Здесь я подхожу к проблеме формирования старорусского («допетровского») «рефлекса на Иное». История его еще ждет своего обстоятельного концептуального истолкования. Ни в коей мере не претендуя на решение этой задачи в сколько-нибудь генерализованной форме, я хотел бы тем не менее высказать несколько замечаний.
Уже в допетровской Руси элита и массы, несмотря на бесчисленные социальные конфликты между ними, были связаны единой системой социально-религиозных, убежденно-христианских норм, идеалов, символов, в этноцентристском духе проинтерпретированной иерархией ценностей и функционирующих в ней категорий «добра» и «зла». Эта же система, исходящая из представления об априорном совершенстве крепнущей российской государственности – а потому и антиэгалитарная, – в свою очередь, была основой, на которой конструировалась концепция мира, как бы расходящегося концентрическими кругами из центра, каковым являлась (или собиралась стать) «святая Русь»129.
Первый круг – это государства и народы, наиболее близкие России в религиозном прежде всего («православные») и культурном планах. Стереотипизации идеи «Москва – третий Рим» упрочила взгляд на них как на периферию русской политико-культурной зоны, т. е. ее «сниженный дубликат», но всегда реальный и потенциальный союзник в борьбе и с Западом, и с мусульманским Востоком.
Назовем этот круг «Югом».
Второй круг – католические (а с XVI в. – и протестантские) регионы.

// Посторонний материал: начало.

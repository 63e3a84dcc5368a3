-- ===== src/Sorting.antt =====
-- include/monitor/input_logic.hpp, src/input_logic.cpp and src/process_sort.cpp: the columns by
-- which processes are sorted, the state that a header click changes, and the comparison that
-- std::sort is given.
pub mod Order
pub mod Clicks
use mtop.Base.{
  ℕ, zero, suc, ◌+◌, ◌*◌, Bool, true, false, not, ◌&&◌, ◌||◌, List, [], ◌∷◌, ◌==◌, ltb, leb,
  if◌then◌else◌, is_nil, Bytes, str, beq, string_less, tolower, Option, none, some,
}
use mtop.Base.Double.{Double}
use mtop.Base.Int.{ℤ, pos, negsuc, ltb_ℤ, eqb_ℤ}
use mtop.Snapshot.{ProcessSnapshot}

pub data SortMode : Type 0 where
  pid cpu mem time name gpu_active io power : SortMode

pub record SortState : Type 0 where
  pub mode : SortMode
  pub direction : ℤ

unfoldable pub cycle_sort : SortMode → SortMode
cycle_sort pid = cpu
cycle_sort cpu = mem
cycle_sort mem = time
cycle_sort time = name
cycle_sort name = gpu_active
cycle_sort gpu_active = io
cycle_sort io = power
cycle_sort power = pid

unfoldable pub default_sort_direction : SortMode → ℤ
default_sort_direction pid = pos 1
default_sort_direction name = pos 1
default_sort_direction _ = negsuc 0

-- operator== on the enumeration, by the position of a mode
abbrev pub mode_index : SortMode → ℕ
mode_index pid = 0
mode_index cpu = 1
mode_index mem = 2
mode_index time = 3
mode_index name = 4
mode_index gpu_active = 5
mode_index io = 6
mode_index power = 7

-- `direction *= -1`
abbrev pub negate : ℤ → ℤ
negate (pos zero) = pos 0
negate (pos (suc n)) = negsuc n
negate (negsuc n) = pos (suc n)

unfoldable pub apply_header_sort_click : SortState → SortMode → SortState
unfolding default_sort_direction
apply_header_sort_click current clicked_mode =
    if mode_index current.mode == mode_index clicked_mode
    then record current { direction = negate current.direction }
    else record { mode = clicked_mode; direction = default_sort_direction clicked_mode }

unfoldable pub is_missing_value : Bytes → Bool
is_missing_value value =
    is_nil value
    || beq value (str "-")
    || beq value (str "root")
    || beq value (str "wait")
    || beq value (str "stale")
    || beq value (str "parse")
    || beq value (str "denied")
    || beq value (str "n/a")

-- The factor of a size suffix.
unfoldable pub suffix_scale : ℕ → ℕ
unfolding tolower
suffix_scale c =
    let suffix = tolower c in
    if suffix == b'k'
    then 1024
    else if suffix == b'm'
    then 1024 * 1024
    else if suffix == b'g'
    then 1024 * 1024 * 1024
    else if suffix == b't'
    then 1024 * 1024 * 1024 * 1024
    else 1

-- text before and after the first '/'
unfoldable pub split_slash : Bytes → Option (Bytes × Bytes)
split_slash [] = none
split_slash (c ∷ cs) =
    if c == b'/'
    then some ([], cs)
    else elim (split_slash cs) [ none ↦ none | some (l, r) ↦ some (c ∷ l, r) ]

-- `rest` is what strtod left: its first byte may be a size suffix.
abbrev pub scale_of : Bytes → ℕ
unfolding suffix_scale
scale_of [] = 1
scale_of (c ∷ _) = suffix_scale c

module _ {F : Type 0} ⦃d : Double F⦄ where
  unfoldable pub parse_scaled_number : Bytes → F
  parse_scaled_number text =
      if is_nil text
      then d.of_nat 0
      else d.mul (d.strtod text).0 (d.of_nat (scale_of (d.strtod text).1))

  unfoldable pub missing_sort_score : ℤ → F
  missing_sort_score direction = if ltb_ℤ (pos 0) direction then d.infinity else d.negative_infinity

  unfoldable pub finite_or_missing : F → ℤ → F
  finite_or_missing score direction =
      if d.is_finite score then score else missing_sort_score direction

  unfoldable pub io_score : Bytes → ℤ → F
  io_score value direction =
      if is_missing_value value then missing_sort_score direction else elim (split_slash value) [
        | none ↦ finite_or_missing (parse_scaled_number value) direction
        | some (read, written) ↦
            finite_or_missing (d.add (parse_scaled_number read) (parse_scaled_number written))
              direction
      ]

  unfoldable pub power_score : Bytes → ℤ → F
  power_score value direction =
      if is_missing_value value
      then missing_sort_score direction
      else finite_or_missing (parse_scaled_number value) direction

-- The template, over the type's == and <. `a > b` is `b < a`.
unfoldable pub compare_value : {A : Type 0} → (A → A → Bool) → (A → A → Bool) → A → A → ℤ → Bool
compare_value eq lt lhs rhs direction =
    if eq lhs rhs then false else if ltb_ℤ (pos 0) direction then lt lhs rhs else lt rhs lhs

-- `if (lhs != rhs) return compare_value(...); break;`, and the tie-break behind the switch.
abbrev pub by_key : {A : Type 0} → (A → A → Bool) → (A → A → Bool) → A → A → ℤ → Bool → Bool
unfolding compare_value
by_key eq lt lhs rhs direction tie =
    if not (eq lhs rhs) then compare_value eq lt lhs rhs direction else tie

-- == and < on flags, as the GPU column compares them
abbrev pub flag_eq : Bool → Bool → Bool
flag_eq true b = b
flag_eq false b = not b

unfoldable pub flag_order : Bool → Bool → ℤ → Bool
flag_order lhs rhs direction = if ltb_ℤ (pos 0) direction then not lhs && rhs else lhs && not rhs

module _ {F : Type 0} ⦃d : Double F⦄ where
  unfoldable pub process_sort_less : ProcessSnapshot F → ProcessSnapshot F → SortMode → ℤ → Bool
  unfolding flag_order compare_value
  process_sort_less lhs rhs pid dir = by_key eqb_ℤ ltb_ℤ lhs.pid rhs.pid dir (ltb_ℤ lhs.pid rhs.pid)
  process_sort_less lhs rhs cpu dir =
      by_key d.eq d.lt lhs.cpu_percent rhs.cpu_percent dir (ltb_ℤ lhs.pid rhs.pid)
  process_sort_less lhs rhs mem dir =
      by_key d.eq d.lt lhs.memory_percent rhs.memory_percent dir (ltb_ℤ lhs.pid rhs.pid)
  process_sort_less lhs rhs time dir =
      by_key ◌==◌ ltb lhs.total_cpu_time_ns rhs.total_cpu_time_ns dir (ltb_ℤ lhs.pid rhs.pid)
  process_sort_less lhs rhs name dir =
      by_key beq string_less lhs.command rhs.command dir (ltb_ℤ lhs.pid rhs.pid)
  process_sort_less lhs rhs gpu_active dir =
      if not (flag_eq lhs.gpu_active rhs.gpu_active)
      then flag_order lhs.gpu_active rhs.gpu_active dir
      else ltb_ℤ lhs.pid rhs.pid
  process_sort_less lhs rhs io dir =
      by_key d.eq d.lt (io_score lhs.io dir) (io_score rhs.io dir) dir (ltb_ℤ lhs.pid rhs.pid)
  process_sort_less lhs rhs power dir =
      by_key d.eq d.lt (power_score lhs.power dir) (power_score rhs.power dir) dir
        (ltb_ℤ lhs.pid rhs.pid)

Этот круг – «Запад» – и конфессионально, и культурно, и политически чужд, а во многом даже антиподичен России. Он был и может быть для нее – как и мусульманский мир – перманентным деструктором, инспиратором Зла, и потому между ним и Русским государством так долго сохранялся коммуникационный вакуум, так настойчиво шла акцентуация когнитивного и институционального размежевания.
Но в конечном счете в отношении к Западу возобладала установка на комплиментарность, т. е. на взаимодополняющее сожительство противоположностей.
Третий круг – «нехристианский Восток», обиталище варваров, сфера репрессивной и отчужденной культуры (Не– и Антикультуры), с не-истинностью протекающего в ее руслах бытия130. Поэтому она должна быть, во-первых, подчинена нормативному контролю со стороны «передовой», «настоящей» культуры и, во-вторых, размыта и разложена (преимущественно – путем христианизации) так, чтобы все слабей и слабей являла себя как фатальный источник страданий «истинно верующих».
Все это – идеальная схема, в которую жизнь вносила фундаментальные зачастую коррекции, но тем не менее обретшая в XVIII в. и позднее статус высокостереотипизированного способа совладения с конфликтными ситуациями и на международной арене, и в пределах собственного государства. Впрочем, не будем абсолютизировать этот «высокостереотипизированный способ».
Я уже привлекал внимание к тому факту, что унификаторская модель работала в Российской империи с громадными перебоями – и не только потому, что удельный вес клерикальных («тотально-христианизирующих») лозунгов оказывался довольно низким. Прагматизм «строителей и укрепителей империи» – о которых я еще не раз буду говорить дальше – заставлял в «нетрадиционных» терминах интерпретировать природу курса на «сохранение многообразия» нерусской сферы российской государственности. Перед нами – сохранение этнического (и конфессионального) плюрализма не как самоцель, а как стимулирование способности этой сферы к саморегуляции в измененных русско-православным субстратом условиях, чтобы эффективнее осуществлялись всевозможные взаимообмены «во имя общих интересов» этнических компонентов империи. Тем самым каждый из них смог бы не замыкать вопросы своей истории в наличной социальной прагматике – как бы ни была она важна, – а актуализировать одни потенции и, напротив, не объективизировать в своем эмпирическом бытии другие.